▸ Task to carry out: Only lines containing the string "have" belong in the answer; copy all of them from the entries.

···

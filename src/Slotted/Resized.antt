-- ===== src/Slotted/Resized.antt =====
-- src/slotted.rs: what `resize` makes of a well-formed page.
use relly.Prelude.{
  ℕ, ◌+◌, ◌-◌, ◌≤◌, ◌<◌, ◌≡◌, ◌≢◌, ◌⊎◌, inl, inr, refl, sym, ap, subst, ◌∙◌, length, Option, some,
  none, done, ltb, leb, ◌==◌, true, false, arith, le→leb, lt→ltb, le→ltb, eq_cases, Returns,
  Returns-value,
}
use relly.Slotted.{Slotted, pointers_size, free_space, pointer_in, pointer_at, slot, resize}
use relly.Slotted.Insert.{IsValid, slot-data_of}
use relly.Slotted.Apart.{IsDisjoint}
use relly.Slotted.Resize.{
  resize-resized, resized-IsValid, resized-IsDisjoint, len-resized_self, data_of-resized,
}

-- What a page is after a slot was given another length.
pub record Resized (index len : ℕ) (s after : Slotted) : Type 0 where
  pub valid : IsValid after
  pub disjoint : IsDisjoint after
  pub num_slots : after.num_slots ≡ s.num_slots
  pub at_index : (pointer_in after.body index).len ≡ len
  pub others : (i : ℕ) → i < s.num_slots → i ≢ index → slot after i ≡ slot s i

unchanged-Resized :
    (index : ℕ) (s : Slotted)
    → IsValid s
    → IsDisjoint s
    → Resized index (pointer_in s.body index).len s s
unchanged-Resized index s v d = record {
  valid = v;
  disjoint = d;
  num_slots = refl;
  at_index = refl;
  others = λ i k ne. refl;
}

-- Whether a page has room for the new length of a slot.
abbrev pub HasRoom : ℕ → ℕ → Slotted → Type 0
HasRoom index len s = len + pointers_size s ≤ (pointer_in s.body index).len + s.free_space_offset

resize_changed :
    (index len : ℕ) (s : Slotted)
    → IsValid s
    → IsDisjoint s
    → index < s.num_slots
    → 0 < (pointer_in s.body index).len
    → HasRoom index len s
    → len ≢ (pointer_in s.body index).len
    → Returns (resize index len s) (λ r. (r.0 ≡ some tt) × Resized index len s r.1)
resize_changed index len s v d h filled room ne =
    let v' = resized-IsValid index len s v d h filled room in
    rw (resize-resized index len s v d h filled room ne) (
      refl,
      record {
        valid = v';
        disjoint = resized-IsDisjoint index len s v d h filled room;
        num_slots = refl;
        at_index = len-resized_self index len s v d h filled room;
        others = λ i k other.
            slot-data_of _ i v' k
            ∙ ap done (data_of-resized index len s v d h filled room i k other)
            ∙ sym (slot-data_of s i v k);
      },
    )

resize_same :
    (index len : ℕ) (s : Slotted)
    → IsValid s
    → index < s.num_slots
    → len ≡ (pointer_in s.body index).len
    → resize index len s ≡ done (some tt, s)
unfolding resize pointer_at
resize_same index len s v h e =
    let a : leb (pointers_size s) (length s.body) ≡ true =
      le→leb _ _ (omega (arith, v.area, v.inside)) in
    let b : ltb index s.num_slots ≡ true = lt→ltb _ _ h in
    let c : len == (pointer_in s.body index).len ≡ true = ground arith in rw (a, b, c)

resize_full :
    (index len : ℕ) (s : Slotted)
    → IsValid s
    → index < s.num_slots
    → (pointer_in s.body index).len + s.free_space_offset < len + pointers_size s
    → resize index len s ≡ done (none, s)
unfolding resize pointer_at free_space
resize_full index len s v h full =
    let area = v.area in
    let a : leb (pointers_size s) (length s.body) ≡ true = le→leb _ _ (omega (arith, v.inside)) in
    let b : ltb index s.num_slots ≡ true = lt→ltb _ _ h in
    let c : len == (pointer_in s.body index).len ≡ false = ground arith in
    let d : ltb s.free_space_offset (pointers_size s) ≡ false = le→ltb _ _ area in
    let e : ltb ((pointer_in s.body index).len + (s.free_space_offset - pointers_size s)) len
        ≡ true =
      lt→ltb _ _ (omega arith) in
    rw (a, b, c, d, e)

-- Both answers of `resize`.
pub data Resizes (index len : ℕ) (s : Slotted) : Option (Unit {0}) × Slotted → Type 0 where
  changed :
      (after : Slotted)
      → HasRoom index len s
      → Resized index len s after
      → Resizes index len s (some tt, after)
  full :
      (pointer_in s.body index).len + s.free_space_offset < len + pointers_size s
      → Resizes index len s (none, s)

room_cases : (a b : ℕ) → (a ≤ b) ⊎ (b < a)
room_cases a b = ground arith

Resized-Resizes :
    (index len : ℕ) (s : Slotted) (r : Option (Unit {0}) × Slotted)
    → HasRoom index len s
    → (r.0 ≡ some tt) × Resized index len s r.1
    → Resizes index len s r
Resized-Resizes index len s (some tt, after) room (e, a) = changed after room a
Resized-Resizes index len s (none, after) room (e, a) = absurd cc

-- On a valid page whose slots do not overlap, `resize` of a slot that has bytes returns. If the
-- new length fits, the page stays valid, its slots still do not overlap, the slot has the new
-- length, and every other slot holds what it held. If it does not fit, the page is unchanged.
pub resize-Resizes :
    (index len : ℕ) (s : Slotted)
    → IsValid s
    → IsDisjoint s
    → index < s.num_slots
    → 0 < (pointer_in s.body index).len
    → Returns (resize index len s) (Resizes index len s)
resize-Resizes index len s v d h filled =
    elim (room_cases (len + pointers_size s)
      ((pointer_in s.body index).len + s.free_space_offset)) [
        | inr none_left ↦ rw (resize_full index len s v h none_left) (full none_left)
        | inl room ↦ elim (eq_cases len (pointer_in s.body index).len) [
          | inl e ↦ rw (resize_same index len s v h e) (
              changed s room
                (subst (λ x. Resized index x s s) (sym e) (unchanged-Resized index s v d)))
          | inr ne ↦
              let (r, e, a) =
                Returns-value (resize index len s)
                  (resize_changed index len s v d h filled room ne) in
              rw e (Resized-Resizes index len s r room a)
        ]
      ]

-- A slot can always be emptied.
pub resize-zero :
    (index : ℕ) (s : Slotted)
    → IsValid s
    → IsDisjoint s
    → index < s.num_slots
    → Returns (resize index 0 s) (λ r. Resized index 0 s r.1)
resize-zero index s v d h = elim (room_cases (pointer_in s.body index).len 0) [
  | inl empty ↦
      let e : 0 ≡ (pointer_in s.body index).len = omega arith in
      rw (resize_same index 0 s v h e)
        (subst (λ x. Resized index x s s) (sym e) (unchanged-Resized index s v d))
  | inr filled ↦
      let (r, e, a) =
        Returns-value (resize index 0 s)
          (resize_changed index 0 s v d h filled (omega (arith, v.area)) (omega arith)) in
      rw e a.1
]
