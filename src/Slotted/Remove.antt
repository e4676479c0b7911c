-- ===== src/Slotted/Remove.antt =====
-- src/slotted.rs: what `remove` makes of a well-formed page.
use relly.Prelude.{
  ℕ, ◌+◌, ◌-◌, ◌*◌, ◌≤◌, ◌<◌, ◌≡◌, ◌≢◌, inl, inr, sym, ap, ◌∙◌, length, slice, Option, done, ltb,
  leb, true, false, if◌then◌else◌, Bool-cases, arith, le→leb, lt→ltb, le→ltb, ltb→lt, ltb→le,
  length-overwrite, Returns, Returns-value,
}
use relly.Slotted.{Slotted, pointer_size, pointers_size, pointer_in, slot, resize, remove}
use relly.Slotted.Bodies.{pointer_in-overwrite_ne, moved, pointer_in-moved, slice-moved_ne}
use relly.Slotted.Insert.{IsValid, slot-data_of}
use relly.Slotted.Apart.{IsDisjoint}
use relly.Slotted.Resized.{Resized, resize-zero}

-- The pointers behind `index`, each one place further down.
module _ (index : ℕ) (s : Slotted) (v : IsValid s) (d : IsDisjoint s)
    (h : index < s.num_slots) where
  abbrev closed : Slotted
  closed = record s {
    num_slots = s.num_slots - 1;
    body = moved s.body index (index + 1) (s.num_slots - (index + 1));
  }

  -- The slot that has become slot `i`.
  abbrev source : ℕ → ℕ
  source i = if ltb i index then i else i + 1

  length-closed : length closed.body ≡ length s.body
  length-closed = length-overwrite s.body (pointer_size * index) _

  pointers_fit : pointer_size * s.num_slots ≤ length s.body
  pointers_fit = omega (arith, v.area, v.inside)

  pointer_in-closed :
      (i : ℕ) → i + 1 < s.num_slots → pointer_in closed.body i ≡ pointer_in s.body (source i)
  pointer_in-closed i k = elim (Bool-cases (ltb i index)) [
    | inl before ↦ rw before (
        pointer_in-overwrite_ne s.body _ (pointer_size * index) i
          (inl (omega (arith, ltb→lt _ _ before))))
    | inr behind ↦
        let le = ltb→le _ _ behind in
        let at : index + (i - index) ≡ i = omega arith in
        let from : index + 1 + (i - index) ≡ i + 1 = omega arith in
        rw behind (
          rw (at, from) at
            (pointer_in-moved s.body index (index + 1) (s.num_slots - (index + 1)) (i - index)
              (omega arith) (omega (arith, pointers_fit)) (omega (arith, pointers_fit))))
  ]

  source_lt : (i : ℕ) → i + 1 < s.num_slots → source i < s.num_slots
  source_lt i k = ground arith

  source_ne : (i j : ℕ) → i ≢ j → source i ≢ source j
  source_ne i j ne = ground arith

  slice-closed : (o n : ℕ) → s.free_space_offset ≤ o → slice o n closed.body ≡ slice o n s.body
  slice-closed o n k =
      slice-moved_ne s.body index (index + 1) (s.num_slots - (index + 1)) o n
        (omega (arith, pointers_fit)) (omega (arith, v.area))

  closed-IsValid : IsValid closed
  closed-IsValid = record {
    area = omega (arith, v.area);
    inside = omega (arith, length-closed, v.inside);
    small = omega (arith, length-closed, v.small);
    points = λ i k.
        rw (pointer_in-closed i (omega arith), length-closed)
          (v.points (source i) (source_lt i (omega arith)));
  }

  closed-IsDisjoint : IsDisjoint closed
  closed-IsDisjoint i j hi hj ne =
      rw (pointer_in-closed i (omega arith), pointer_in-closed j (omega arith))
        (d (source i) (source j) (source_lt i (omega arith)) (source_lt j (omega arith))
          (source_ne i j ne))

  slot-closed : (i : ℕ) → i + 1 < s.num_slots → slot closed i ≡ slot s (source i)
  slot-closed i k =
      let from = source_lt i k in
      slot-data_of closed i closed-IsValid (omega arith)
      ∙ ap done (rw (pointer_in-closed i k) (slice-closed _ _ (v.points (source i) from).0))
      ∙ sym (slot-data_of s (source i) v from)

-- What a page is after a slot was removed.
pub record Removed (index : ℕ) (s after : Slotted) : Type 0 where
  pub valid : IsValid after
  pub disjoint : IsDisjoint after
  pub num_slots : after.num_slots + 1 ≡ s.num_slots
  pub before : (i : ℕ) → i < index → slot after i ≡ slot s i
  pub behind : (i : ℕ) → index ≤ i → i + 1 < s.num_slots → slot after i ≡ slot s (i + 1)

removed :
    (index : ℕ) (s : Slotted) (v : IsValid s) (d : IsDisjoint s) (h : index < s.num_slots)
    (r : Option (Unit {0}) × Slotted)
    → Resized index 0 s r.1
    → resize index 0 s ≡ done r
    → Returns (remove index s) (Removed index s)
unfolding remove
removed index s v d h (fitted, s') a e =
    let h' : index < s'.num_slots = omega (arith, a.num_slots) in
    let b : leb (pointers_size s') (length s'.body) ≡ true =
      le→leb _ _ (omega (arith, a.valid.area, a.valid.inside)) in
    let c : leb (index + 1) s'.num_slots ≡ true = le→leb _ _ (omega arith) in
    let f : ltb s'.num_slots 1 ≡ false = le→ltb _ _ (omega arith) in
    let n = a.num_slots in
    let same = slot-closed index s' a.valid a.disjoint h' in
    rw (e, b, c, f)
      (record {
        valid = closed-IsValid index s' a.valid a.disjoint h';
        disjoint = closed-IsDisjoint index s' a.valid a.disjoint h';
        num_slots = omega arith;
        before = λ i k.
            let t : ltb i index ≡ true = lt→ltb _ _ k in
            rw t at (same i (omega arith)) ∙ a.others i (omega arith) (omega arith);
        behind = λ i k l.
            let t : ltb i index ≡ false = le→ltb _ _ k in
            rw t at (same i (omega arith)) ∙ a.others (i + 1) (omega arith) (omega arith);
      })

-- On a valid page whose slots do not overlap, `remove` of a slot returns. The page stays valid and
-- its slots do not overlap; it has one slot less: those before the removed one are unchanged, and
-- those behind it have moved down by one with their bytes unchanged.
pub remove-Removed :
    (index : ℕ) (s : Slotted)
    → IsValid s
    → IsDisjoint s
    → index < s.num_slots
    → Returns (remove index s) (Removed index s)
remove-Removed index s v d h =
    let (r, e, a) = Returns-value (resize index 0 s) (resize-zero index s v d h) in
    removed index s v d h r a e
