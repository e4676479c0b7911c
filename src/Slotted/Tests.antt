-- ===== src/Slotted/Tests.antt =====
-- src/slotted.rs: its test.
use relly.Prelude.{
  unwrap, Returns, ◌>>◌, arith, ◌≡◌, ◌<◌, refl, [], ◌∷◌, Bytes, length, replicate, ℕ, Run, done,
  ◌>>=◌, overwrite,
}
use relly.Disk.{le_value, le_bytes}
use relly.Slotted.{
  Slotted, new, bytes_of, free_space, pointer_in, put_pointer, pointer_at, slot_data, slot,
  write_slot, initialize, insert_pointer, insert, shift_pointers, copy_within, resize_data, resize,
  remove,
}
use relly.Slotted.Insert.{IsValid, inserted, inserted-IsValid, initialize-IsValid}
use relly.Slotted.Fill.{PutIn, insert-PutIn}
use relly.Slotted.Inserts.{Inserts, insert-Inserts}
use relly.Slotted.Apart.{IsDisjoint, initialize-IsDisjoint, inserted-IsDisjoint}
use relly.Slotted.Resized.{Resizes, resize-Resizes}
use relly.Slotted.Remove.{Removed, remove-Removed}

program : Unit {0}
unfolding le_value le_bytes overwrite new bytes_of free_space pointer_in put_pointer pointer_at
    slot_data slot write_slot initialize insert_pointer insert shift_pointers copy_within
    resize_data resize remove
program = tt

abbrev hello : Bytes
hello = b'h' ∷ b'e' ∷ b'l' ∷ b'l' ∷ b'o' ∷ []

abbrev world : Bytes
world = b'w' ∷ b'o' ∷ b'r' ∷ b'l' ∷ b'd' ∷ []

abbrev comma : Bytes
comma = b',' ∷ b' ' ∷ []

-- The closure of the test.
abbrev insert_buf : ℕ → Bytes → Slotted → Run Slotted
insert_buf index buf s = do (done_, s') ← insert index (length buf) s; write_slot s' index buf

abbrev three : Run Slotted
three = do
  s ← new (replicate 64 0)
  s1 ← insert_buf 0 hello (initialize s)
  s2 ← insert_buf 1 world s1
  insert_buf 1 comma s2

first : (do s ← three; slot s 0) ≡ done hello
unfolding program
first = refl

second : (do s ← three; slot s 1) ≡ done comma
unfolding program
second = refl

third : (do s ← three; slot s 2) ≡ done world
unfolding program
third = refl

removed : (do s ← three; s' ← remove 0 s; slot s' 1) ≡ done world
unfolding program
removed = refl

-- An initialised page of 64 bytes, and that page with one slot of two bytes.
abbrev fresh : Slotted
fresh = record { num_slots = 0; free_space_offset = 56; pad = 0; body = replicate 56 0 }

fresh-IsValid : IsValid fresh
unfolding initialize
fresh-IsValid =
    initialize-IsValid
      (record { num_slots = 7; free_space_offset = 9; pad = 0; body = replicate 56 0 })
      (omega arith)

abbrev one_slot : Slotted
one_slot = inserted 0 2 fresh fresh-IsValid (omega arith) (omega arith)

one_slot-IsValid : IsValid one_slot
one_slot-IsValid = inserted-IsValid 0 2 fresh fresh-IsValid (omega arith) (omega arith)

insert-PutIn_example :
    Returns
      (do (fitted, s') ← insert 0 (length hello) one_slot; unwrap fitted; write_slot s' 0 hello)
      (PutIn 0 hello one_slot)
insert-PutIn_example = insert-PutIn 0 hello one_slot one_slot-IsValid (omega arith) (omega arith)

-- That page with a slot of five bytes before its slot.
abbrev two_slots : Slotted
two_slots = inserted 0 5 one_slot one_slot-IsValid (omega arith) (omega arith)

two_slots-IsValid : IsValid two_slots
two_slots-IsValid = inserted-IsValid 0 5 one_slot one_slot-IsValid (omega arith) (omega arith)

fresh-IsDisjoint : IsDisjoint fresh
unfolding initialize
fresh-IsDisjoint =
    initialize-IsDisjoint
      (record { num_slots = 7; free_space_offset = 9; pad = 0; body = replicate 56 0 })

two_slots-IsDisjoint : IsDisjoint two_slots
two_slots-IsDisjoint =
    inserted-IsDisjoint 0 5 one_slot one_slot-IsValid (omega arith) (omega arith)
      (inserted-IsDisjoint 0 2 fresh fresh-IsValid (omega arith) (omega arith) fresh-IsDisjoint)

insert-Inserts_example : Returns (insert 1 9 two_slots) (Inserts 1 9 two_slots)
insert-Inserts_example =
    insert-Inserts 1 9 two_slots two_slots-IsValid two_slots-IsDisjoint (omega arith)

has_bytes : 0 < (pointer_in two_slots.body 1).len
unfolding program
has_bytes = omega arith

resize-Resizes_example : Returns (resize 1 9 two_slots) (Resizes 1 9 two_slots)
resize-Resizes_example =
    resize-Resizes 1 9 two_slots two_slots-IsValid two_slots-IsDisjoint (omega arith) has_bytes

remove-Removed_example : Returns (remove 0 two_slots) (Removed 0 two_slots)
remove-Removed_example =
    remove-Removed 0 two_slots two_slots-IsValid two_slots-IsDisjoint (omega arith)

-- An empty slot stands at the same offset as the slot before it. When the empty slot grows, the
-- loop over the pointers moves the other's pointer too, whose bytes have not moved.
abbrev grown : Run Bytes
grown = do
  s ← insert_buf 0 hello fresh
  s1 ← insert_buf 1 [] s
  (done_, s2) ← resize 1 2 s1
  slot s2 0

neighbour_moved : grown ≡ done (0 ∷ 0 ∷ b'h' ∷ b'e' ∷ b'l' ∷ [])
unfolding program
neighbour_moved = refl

···

▸ Result of this task:
-- those behind it have moved down by one with their bytes unchanged.
-- loop over the pointers moves the other's pointer too, whose bytes have not moved.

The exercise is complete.